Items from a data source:
>>>>>

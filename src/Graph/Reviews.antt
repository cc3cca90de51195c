-- ===== src/Graph/Reviews.antt =====
-- The dry runs of reversible mutations in internal/transport/graph/transport.go: the two cases of
-- DryRun, graphMoveToDeletedItemsReview and graphReversibleMutationReview. The targets and the mutation
-- of a packet stand in its details, encoded as in JSON.
pub mod Counts
use outlook_agent.Prelude.{
  Bool, List, Option, String, [], if◌then◌else◌, length, ltb, map, nat_eq, none, some, true, ℕ,
  ◌++ˢ◌, ◌==◌, ◌∷◌,
}
use outlook_agent.Prelude.Text.{trim_space}
use outlook_agent.Policy.{SafetyClass, reversible_bulk, to_string}
use outlook_agent.Value.{
  Fields, Items, Value, bool, array, cons, end, field, get_field, nil, number, object, strings,
  text,
}
use outlook_agent.Review.{TargetRef, clamp_target_refs, default_review_target_limit}
use outlook_agent.Server.{DryRunSummary, ReviewPacket}
use outlook_agent.Graph.Payload.{
  bool_value, message_ids, normalize_flag_status, reversible_class_for_count, string_slice,
  string_value,
}

abbrev pub message_target : String → TargetRef
message_target id = record { kind = "message"; id = id; name = "" }

-- a text that JSON leaves out where it is empty
abbrev put_text : String → String → Fields → Fields
put_text key value fs = if value == "" then fs else field key (text value) fs

abbrev pub target_items : List TargetRef → Items
target_items [] = nil
target_items (t ∷ ts) =
    cons (object (field "kind" (text t.kind) (put_text "id" t.id (put_text "name" t.name end))))
      (target_items ts)

-- MutationReview, without the two fields that these reviews leave empty
pub record MutationReview : Type 0 where
  pub operation : String
  pub to : String
  pub new_state : Option Fields

abbrev put_state : Option Fields → Fields
put_state none = end
put_state (some fs) = field "new_state" (object fs) end

abbrev mutation_fields : MutationReview → Fields
mutation_fields m =
    field "operation" (text m.operation) (put_text "to" m.to (put_state m.new_state))

abbrev operation_only : String → MutationReview
operation_only name = record { operation = name; to = ""; new_state = none }

abbrev flag_state : Option String → Option Fields
flag_state none = none
flag_state (some status) = some (field "flag_status" (text status) end)

abbrev read_state : Option Bool → Option Fields
read_state none = none
read_state (some b) = some (field "is_read" (bool b) end)

-- the mutation that graphReversibleMutationReview names
unfoldable pub mutation_of : String → Fields → MutationReview
mutation_of action payload =
    if action == "mail.move_to_folder"
    then (record {
      operation = "move";
      to = trim_space (string_value payload "folder_id" "");
      new_state = none;
    })
    else if action == "mail.archive"
    then (record { operation = "move"; to = "Archive"; new_state = none })
    else if action == "mail.flag"
    then (record {
      operation = "set_flag";
      to = "";
      new_state = flag_state (normalize_flag_status (string_value payload "flag_status" ""));
    })
    else if action == "mail.categorize"
    then (record {
      operation = "set_categories";
      to = "";
      new_state =
          some (field "categories" (strings (string_slice (get_field "categories" payload))) end);
    })
    else if action == "mail.mark_read"
    then (record {
      operation = "set_read_state";
      to = "";
      new_state = read_state (bool_value payload "is_read");
    })
    else operation_only action

-- transport.PayloadFingerprint, and fmt's %d
module _ (fingerprint : Fields → String) (decimal : ℕ → String) where
  abbrev put_count : ℕ → Fields → Fields
  put_count n fs = if nat_eq n 0 then fs else field "omitted_target_count" (number (decimal n)) fs

  abbrev details_of : List TargetRef × ℕ → MutationReview → Value
  details_of ([], omitted) m =
      object (put_count omitted (field "mutation" (object (mutation_fields m)) end))
  details_of (t ∷ ts, omitted) m = object (
      field "targets" (array (target_items (t ∷ ts)))
        (put_count omitted (field "mutation" (object (mutation_fields m)) end)))

  -- a review of messages: partial where targets are left out
  unfoldable pub messages_review :
      String → SafetyClass → Fields → List TargetRef × ℕ → MutationReview → ReviewPacket
  messages_review action class payload (shown, omitted) m = record {
    version = "v1";
    transport = "graph";
    action = action;
    safety_class = to_string class;
    completeness = if ltb 0 omitted then "partial" else "complete";
    warning_codes = if ltb 0 omitted then "targets_omitted_from_review" ∷ [] else [];
    details = details_of (shown, omitted) m;
    payload_fingerprint = fingerprint payload;
    limitations =
        if ltb 0 omitted
        then (decimal omitted ++ˢ " additional targets omitted from review output") ∷ []
        else [];
  }

  abbrev pub shown_targets : List String → List TargetRef × ℕ
  shown_targets ids = clamp_target_refs (map message_target ids) default_review_target_limit

  unfoldable pub move_to_deleted_items_review : String → Fields → List String → ReviewPacket
  unfolding messages_review clamp_target_refs
  move_to_deleted_items_review action payload ids =
      messages_review action reversible_bulk payload (shown_targets ids)
        (record { operation = "move"; to = "Deleted Items"; new_state = none })

  unfoldable pub reversible_mutation_review :
      String → Fields → List String → SafetyClass → ReviewPacket
  unfolding messages_review clamp_target_refs mutation_of
  reversible_mutation_review action payload ids class =
      messages_review action class payload (shown_targets ids) (mutation_of action payload)

  abbrev pub summary_of : String → ℕ → Bool → ReviewPacket → List String → DryRunSummary
  summary_of action count confirm review warnings = record {
    action = action;
    count = count;
    reversible = true;
    requires_confirmation = confirm;
    review = some review;
    warnings = warnings;
    error = "";
  }

  -- the case of DryRun for mail.move_to_deleted_items
  unfoldable pub dry_run_deletion : String → Fields → DryRunSummary
  unfolding move_to_deleted_items_review string_slice
  dry_run_deletion action payload =
      let ids = string_slice (get_field "ids" payload) in
      summary_of action (length ids) true (move_to_deleted_items_review action payload ids) []

  -- the case of DryRun for the other reversible mutations
  unfoldable pub dry_run_mutation : String → Fields → DryRunSummary
  unfolding reversible_mutation_review reversible_class_for_count message_ids
  dry_run_mutation action payload =
      let ids = message_ids payload in
      let class = reversible_class_for_count (length ids) in
      let review = reversible_mutation_review action payload ids class in
      summary_of action (length ids) (ltb 1 (length ids)) review review.limitations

<<<<<

▶ [To do] Whenever the string "empty" occurs in a line of the entries above, copy that line.

▶ [Result]
-- a text that JSON leaves out where it is empty
-- MutationReview, without the two fields that these reviews leave empty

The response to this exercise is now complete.